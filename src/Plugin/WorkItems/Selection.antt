-- ===== src/Plugin/WorkItems/Selection.antt =====
-- `select_lifecycle_work_items`: exactly the requested items, in the order of the request.
use donkeyspace.Prelude.{
  not-false, ◌≡◌, refl, sym, ◌∙◌, Bool, true, false, not, List, [], ◌∷◌, Option, none, some, ok,
  err, text_eq, ◌==◌, ==_iff, length, Memᴰ, arith, find, find_sound, find_finds, find-none, to_set,
  to_set-is_distinct, is_distinct, nat_eq, All, any, any_elim, >>-eq-ok, fail_if, fail_if-eq-ok,
  when_some, is_empty,
}
use donkeyspace.Text.{Text}
use donkeyspace.Plugin.{PluginWorkItem}
use donkeyspace.Plugin.WorkItems.{ids, select_all, select_lifecycle_work_items}

nothing_found :
    (o : Option Text) (message : Text → Text)
    → when_some o (λ id. err (message id)) ≡ ok tt
    → o ≡ none
nothing_found none message h = refl
nothing_found (some id) message h = cc

module _ {V : Type 0} (catalog : List (PluginWorkItem V)) where
  abbrev is_listed : Text → Bool
  is_listed id = any (λ (i : PluginWorkItem V). i.id == id) catalog

  select_all_lem :
      (wanted : List Text)
      → ((id : Text) → Memᴰ id wanted → is_listed id ≡ true)
      → (ids (select_all catalog wanted) ≡ wanted)
        × All (λ (i : PluginWorkItem V). Memᴰ i catalog) (select_all catalog wanted)
  unfolding select_all
  select_all_lem [] h = (refl, tt)
  select_all_lem (id ∷ more) h =
      let (j, m, e) =
        any_elim (λ (i : PluginWorkItem V). i.id == id) catalog (h id (Memᴰ.head refl)) in
      let (i, f) = find_finds (λ (i : PluginWorkItem V). i.id == id) m e in
      let (n, g) = find_sound (λ (i : PluginWorkItem V). i.id == id) catalog f in
      let (p, q) = select_all_lem more (λ k l. h k (Memᴰ.tail l)) in
      rw (f, select_all) (ground (arith, ==_iff i.id id), (n, q))

  -- A successful selection has the requested ids, in their order and none of them twice, at least
  -- one, and every selected item is the catalog's own.
  pub select_lifecycle_work_items_lem :
      (wanted : List Text) (items : List (PluginWorkItem V))
      → select_lifecycle_work_items catalog (some wanted) ≡ ok items
      → (ids items ≡ wanted)
        × (is_distinct wanted ≡ true)
        × (is_empty items ≡ false)
        × All (λ (i : PluginWorkItem V). Memᴰ i catalog) items
  unfolding select_lifecycle_work_items
  select_lifecycle_work_items_lem wanted items h =
      let (a, k) = >>-eq-ok (fail_if (is_empty wanted) _) _ h in
      let (b, l) =
        >>-eq-ok (fail_if (not (nat_eq (length (to_set wanted)) (length wanted))) _) _ k in
      let (c, d) = >>-eq-ok (when_some (find (λ id. not (is_listed id)) wanted) _) _ l in
      let same : select_all catalog wanted ≡ items = ground arith in
      let (p, q) = select_all_lem wanted (λ id m.
        not-false (is_listed id) (find-none (λ id. not (is_listed id)) m (nothing_found _ _ c))) in
      rw (← same) (
        p,
        sym (to_set-is_distinct wanted) ∙ not-false _ (fail_if-eq-ok _ _ b),
        kept (select_all catalog wanted) p (fail_if-eq-ok _ _ a),
        q,
      )
    where
      kept :
          (xs : List (PluginWorkItem V))
          → ids xs ≡ wanted
          → is_empty wanted ≡ false
          → is_empty xs ≡ false
      kept [] p e = let q : is_empty wanted ≡ true = rw (← p) in absurd (cc)
      kept (x ∷ xs) p e = refl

Problem statement
Every line above that holds the string "WorkItems" should be copied out.

Result of the task
filename src/Plugin/WorkItems/Selection.antt
-- ===== src/Plugin/WorkItems/Selection.antt =====
use donkeyspace.Plugin.WorkItems.{ids, select_all, select_lifecycle_work_items}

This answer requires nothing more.